I can give an additional point of view, which is coming from the theory of parabolic induction. Parabolic induction plays a prominent role in representation theory and gives you a better intuition for the higher rank situation. This point of view is often better stressed in the adelic theory than in the classical picture.
Let $G =PSL_2(\mathbb{R})$ with standard parabolic $B$ and $\Gamma$ a cofinite lattice.
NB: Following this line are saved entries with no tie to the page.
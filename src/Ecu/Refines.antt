-- ===== src/Ecu/Refines.antt =====
-- The server does what the ECU promises.
use vdiag_server.Handlers.DidMap.Lookup.{HasEntries}
use vdiag_server.Base.{ℕ, ◌<◌, ◌≡◌, some, List, ◌∷◌, inl, inr, arith, Option-cases}
use vdiag_server.Base.Ptr.{Ptr}
use vdiag_server.Can.{CanMessage, IsMessage}
use vdiag_server.Config.{EcuConfig}
use vdiag_server.Os.{Os}
use vdiag_server.Os.Files.{View, IsRegular}
use vdiag_server.Uds.Interface.{Locals}
use vdiag_server.Handlers.Std.{Machine}
use vdiag_server.Ecu.{
  Ecu, Command, open_session, tester_present, bad_length, read_identifier, write_identifier,
  other_service, read_bytes, write_bytes, answer_command, answer_all,
}
use vdiag_server.Ecu.Requests.{Asks, Ready, Stands, Answered}
use vdiag_server.Ecu.Answered.{session_answered, tester_answered, length_answered, other_answered}
use vdiag_server.Ecu.Reads.{read_answered, identifier_answered}
use vdiag_server.Ecu.Writes.{write_answered}
use vdiag_server.Ecu.WritesById.{write_identifier_answered}

module _ (os : Os) (v : View os) (reg : IsRegular os v) (stale : Ptr → Ptr)
    (intact : (p : Ptr) → stale p ≡ p) (c : EcuConfig) where
  pub command_answered :
      (l : Locals) (req : CanMessage) (cmd : Command) (m : Machine os.State) (e e' : Ecu)
      (bytes : List ℕ)
      → c.memory.end_addr < 4294967296
      → HasEntries c
      → IsMessage req
      → Stands os v c m e
      → Asks req cmd
      → Ready c l cmd
      → answer_command c cmd e ≡ some (bytes, e')
      → Answered os v stale c l req m bytes e'
  command_answered l req (open_session uses) m e e' bytes small counted msg w asks ready said =
      session_answered os v reg stale c l req uses m e e' bytes w asks said
  command_answered l req (tester_present sub) m e e' bytes small counted msg w asks ready said =
      tester_answered os v reg stale c l req sub m e e' bytes w asks said
  command_answered l req (bad_length sid) m e e' bytes small counted msg w asks ready said =
      length_answered os v reg stale c l req sid m e e' bytes counted msg w asks said
  command_answered l req (read_bytes addr size) m e e' bytes small counted msg w asks ready said =
      read_answered os v reg stale c l req addr size m e e' bytes small msg w asks said
  command_answered l req (write_bytes addr new) m e e' bytes small counted msg w asks ready said =
      write_answered os v reg stale intact c l req addr new m e e' bytes small msg w asks said
  command_answered l req (other_service sid) m e e' bytes small counted msg w asks ready said =
      other_answered os v reg stale c l req sid m e e' bytes w asks said
  command_answered l req (read_identifier hi lo) m e e' bytes small counted msg w asks ready said =
      identifier_answered os v reg stale c l req hi lo m e e' bytes small counted msg w asks said
  command_answered l req (write_identifier hi lo new) m e e' bytes small counted msg w asks ready
        said =
      write_identifier_answered os v reg stale c l req hi lo new m e e' bytes small counted msg w
        asks ready said

  pub answer_all-∷ :
      (cmd : Command) (cs : List Command) (e e' : Ecu) (responses : List (List ℕ))
      → answer_all c (cmd ∷ cs) e ≡ some (responses, e')
      → (bytes : List ℕ) × (e1 : Ecu) × (rest : List (List ℕ)) × (answer_command c cmd e
          ≡ some (bytes, e1))
        × (answer_all c cs e1 ≡ some (rest, e'))
        × (responses ≡ bytes ∷ rest)
  unfolding answer_all
  answer_all-∷ cmd cs e e' responses said = elim (Option-cases (answer_command c cmd e)) [
    | inl refused ↦ let bad : ⊥ = ground (arith, refused) in elim bad [ ]
    | inr ((bytes, e1), first) ↦ elim (Option-cases (answer_all c cs e1)) [
      | inl refused ↦ let bad : ⊥ = ground (arith, first, refused) in elim bad [ ]
      | inr ((rest, e2), others) ↦
          (bytes, e1, rest, first, ground (arith, first, others), ground (arith, first, others))
    ]
  ]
My intuition is that te analytic Eisenstein series on $\Gamma \backslash G$ are vectors of the induced representation:
$$ Ind_{\Gamma N}^G 1,$$
but there is one major issue with this, namely that $\Gamma N$ is not a group.
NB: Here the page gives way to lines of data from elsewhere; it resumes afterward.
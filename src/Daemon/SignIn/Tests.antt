-- ===== src/Daemon/SignIn/Tests.antt =====
-- crates/daemon/src/oidc_callback.rs: a sign-in, and one whose configuration cannot be written.
use owncloud_sync_client.Common.{
  true, false, String, ◌≡◌, refl, none, some, [], ◌∷◌, List, Result, ok, string_eq, number_eq,
}
use owncloud_sync_client.Common.Texts.{split, split_once}
use owncloud_sync_client.Daemon.Ipc.{DaemonEvent}
use owncloud_sync_client.Daemon.Config.{ServerType, default_general}
use owncloud_sync_client.Daemon.SignIn.{
  Wait, Outside, State, Bytes, run_callback, read_request, has_crlf, on_request,
  extract_query_param, find_param, decode_query_value, add_account, abort,
}

abbrev outside : Outside
outside = record {
  from_utf8 = λ bytes. ok "GET /callback?state=s&code=a+b HTTP/1.1";
  first_line = some;
  split_whitespace = split b' ';
  exchange_code = λ c. none;
  save_keychain = λ account. none;
  parse_url = λ url. none;
  resolve_identity = λ url. ok ("u", ("U", ServerType.ocis));
  save = λ cfg. none;
  delete_keychain = λ account. none;
  late = λ w. false;
}

abbrev read_only : Outside
read_only = record outside { save = λ cfg. some "read-only file system" }

abbrev before : State
before = record {
  config = record { general = default_general; account = [] };
  file = none;
  tokens = [];
  keychain = [];
  broadcast = [];
  pages = [];
}

abbrev request : List (Result Bytes String)
request = ok (71 ∷ 13 ∷ 10 ∷ []) ∷ []

code_test :
    extract_query_param outside "GET /callback?state=s&code=a+b HTTP/1.1" "code" ≡ some "a b"
unfolding extract_query_param find_param decode_query_value split split_once string_eq number_eq
code_test = refl

-- After a failure to write the configuration, a second try is refused as a duplicate, although the
-- configuration could be written now.
duplicate_test :
    (run_callback outside 2 "https://c" request
      (run_callback read_only 1 "https://c" request before)).broadcast
    ≡ DaemonEvent.account_add_failed 1 "failed to save config: read-only file system"
      ∷ DaemonEvent.account_add_failed 2 "account already exists for user 'u' on https://c"
      ∷ []
unfolding run_callback read_request has_crlf on_request extract_query_param find_param
    decode_query_value add_account abort split split_once string_eq number_eq
duplicate_test = refl

abbrev slow : Outside
slow = record outside { late = λ w. elim w [ Wait.identity ↦ true | _ ↦ false ] }

-- A sign-in that times out while the server is asked who the user is leaves its token manager and its
-- entry in the keychain.
late_identity_test : run_callback slow 1 "https://c" request before ≡ record before {
  tokens = 1 ∷ [];
  keychain = 1 ∷ [];
  broadcast = DaemonEvent.account_add_failed 1 "sign-in timed out" ∷ [];
}
unfolding run_callback read_request has_crlf on_request extract_query_param find_param
    decode_query_value add_account abort split split_once string_eq number_eq
late_identity_test = refl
Rigorously seen they are given as $P$ series, i.e.
$$ E: C_c^\infty(N \backslash G) \rightarrow L^2(\Gamma \backslash G),$$
by defining the $B$ series $$E(f) (g)= \sum\limits_{B \cap \Gamma \backslash \Gamma} f(\gamma g).$$
The image of $E$ generates a dense subspace of the orthocomponent to the cuspidal forms.
Now, we one notices that $C_c^\infty(N \backslash G)$ is a dense subspace of $Ind_N^G 1$. Induction by steps gives a decomposition $$ Ind_N^G 1 \cong Ind_B^G Ind_N^B 1.$$ Now for $Ind_N^B 1 \cong L^2(B/N) = L^2(M)$, where $M$ are the diagonal matrices. Pontryagin duality gives you a direct integral decomposition of $L^2(M)$, and we have as a result
$$ Ind_N^G 1 \cong \int\limits_{\Re s = 0}^{\oplus} Ind_B^G | \cdotp |^s. $$
Certainly one hopes that $E$ extends to $Ind_B^G | \cdotp |^s$, but convergence only happens $\Re s >1/2$, and the operators has to be defined by analytic continuation to make sense on $\Re s = 0$.
Perhaps it useful to give at least one definition here: functions $f \in Ind_B^G | \cdotp |^s$ are defined as $f(bg) = |b_{1,1} / b_{2,2}|^{s+1/2} f(g)$ for $b \in B$ with $f|_K= f|_K\in L^2(K)$ for $K= PSO(2)$.